* _What to produce_: Only one stretch of the records below is wanted: the lines from the one holding "propagate_same cmd st" through the one holding "handlers c st).answers". Return it exactly, both ends included.

[Stored records]

"""

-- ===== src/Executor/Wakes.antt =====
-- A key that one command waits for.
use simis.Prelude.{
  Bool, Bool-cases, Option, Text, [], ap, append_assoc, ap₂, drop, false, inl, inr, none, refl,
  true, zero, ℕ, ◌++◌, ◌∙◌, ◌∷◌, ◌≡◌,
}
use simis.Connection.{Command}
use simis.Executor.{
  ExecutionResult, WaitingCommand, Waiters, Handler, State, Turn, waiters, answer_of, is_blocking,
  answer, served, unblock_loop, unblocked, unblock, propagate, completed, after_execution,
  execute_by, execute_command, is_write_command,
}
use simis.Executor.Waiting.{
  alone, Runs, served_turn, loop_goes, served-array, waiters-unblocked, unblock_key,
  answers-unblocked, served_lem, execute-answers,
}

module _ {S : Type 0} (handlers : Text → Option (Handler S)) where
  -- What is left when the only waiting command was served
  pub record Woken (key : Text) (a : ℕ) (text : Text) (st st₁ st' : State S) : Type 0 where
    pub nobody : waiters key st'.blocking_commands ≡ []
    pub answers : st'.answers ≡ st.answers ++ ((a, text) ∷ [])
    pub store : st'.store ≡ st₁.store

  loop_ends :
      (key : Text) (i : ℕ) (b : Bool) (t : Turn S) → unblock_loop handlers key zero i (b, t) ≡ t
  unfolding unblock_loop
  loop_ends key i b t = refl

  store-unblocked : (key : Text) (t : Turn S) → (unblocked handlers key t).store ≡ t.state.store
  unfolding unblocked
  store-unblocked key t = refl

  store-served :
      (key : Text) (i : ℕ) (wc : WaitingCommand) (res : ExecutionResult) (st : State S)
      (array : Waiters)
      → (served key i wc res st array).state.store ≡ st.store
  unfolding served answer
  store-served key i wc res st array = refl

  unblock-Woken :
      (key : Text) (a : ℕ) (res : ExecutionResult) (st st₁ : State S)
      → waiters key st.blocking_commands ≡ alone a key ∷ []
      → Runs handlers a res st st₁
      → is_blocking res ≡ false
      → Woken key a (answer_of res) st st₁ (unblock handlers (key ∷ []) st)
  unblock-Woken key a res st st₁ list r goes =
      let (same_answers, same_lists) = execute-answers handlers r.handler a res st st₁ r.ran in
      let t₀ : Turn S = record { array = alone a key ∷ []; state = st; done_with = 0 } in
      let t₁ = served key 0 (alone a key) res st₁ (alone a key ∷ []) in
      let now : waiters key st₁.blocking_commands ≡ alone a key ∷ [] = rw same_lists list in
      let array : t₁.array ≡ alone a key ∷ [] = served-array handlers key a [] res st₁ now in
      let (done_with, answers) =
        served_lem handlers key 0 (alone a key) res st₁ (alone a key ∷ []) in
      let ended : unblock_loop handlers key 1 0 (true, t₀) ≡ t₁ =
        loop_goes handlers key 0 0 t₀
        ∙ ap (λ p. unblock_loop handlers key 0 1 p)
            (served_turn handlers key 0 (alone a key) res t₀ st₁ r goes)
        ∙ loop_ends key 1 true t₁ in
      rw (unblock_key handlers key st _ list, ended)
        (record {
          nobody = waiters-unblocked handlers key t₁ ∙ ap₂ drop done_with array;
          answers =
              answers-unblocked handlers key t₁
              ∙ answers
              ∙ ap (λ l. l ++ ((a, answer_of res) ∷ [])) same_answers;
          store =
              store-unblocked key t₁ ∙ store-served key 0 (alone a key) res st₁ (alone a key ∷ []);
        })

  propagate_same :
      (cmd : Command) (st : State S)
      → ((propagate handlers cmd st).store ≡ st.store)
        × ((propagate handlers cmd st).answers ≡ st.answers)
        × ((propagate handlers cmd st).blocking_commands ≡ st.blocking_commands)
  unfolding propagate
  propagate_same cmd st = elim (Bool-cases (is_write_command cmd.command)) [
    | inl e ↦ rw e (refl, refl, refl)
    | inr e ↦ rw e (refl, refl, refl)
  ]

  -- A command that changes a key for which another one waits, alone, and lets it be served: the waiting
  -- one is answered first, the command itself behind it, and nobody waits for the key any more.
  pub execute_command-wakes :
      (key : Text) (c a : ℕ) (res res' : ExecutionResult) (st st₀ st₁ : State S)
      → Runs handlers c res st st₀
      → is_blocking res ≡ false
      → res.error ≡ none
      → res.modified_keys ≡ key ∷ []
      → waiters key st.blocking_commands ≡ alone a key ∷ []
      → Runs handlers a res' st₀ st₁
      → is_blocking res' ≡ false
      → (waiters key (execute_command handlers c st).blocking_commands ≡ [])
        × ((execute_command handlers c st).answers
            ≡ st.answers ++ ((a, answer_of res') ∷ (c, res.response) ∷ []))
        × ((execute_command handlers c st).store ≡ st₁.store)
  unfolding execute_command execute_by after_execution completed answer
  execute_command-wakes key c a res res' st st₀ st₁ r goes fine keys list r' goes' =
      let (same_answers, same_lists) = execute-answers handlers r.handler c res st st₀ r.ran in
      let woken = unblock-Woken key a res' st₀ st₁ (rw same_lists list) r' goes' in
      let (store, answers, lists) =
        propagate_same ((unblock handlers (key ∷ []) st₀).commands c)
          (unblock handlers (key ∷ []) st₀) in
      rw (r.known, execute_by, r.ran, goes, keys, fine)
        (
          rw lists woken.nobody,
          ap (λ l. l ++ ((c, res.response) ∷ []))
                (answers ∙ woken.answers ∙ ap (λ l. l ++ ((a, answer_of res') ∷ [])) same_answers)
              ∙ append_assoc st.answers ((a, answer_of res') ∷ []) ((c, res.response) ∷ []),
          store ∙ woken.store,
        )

"""

* _Expected answer_:
  propagate_same cmd st = elim (Bool-cases (is_write_command cmd.command)) [
    | inl e ↦ rw e (refl, refl, refl)
    | inr e ↦ rw e (refl, refl, refl)
  ]

  -- A command that changes a key for which another one waits, alone, and lets it be served: the waiting
  -- one is answered first, the command itself behind it, and nobody waits for the key any more.
  pub execute_command-wakes :
      (key : Text) (c a : ℕ) (res res' : ExecutionResult) (st st₀ st₁ : State S)
      → Runs handlers c res st st₀
      → is_blocking res ≡ false
      → res.error ≡ none
      → res.modified_keys ≡ key ∷ []
      → waiters key st.blocking_commands ≡ alone a key ∷ []
      → Runs handlers a res' st₀ st₁
      → is_blocking res' ≡ false
      → (waiters key (execute_command handlers c st).blocking_commands ≡ [])
        × ((execute_command handlers c st).answers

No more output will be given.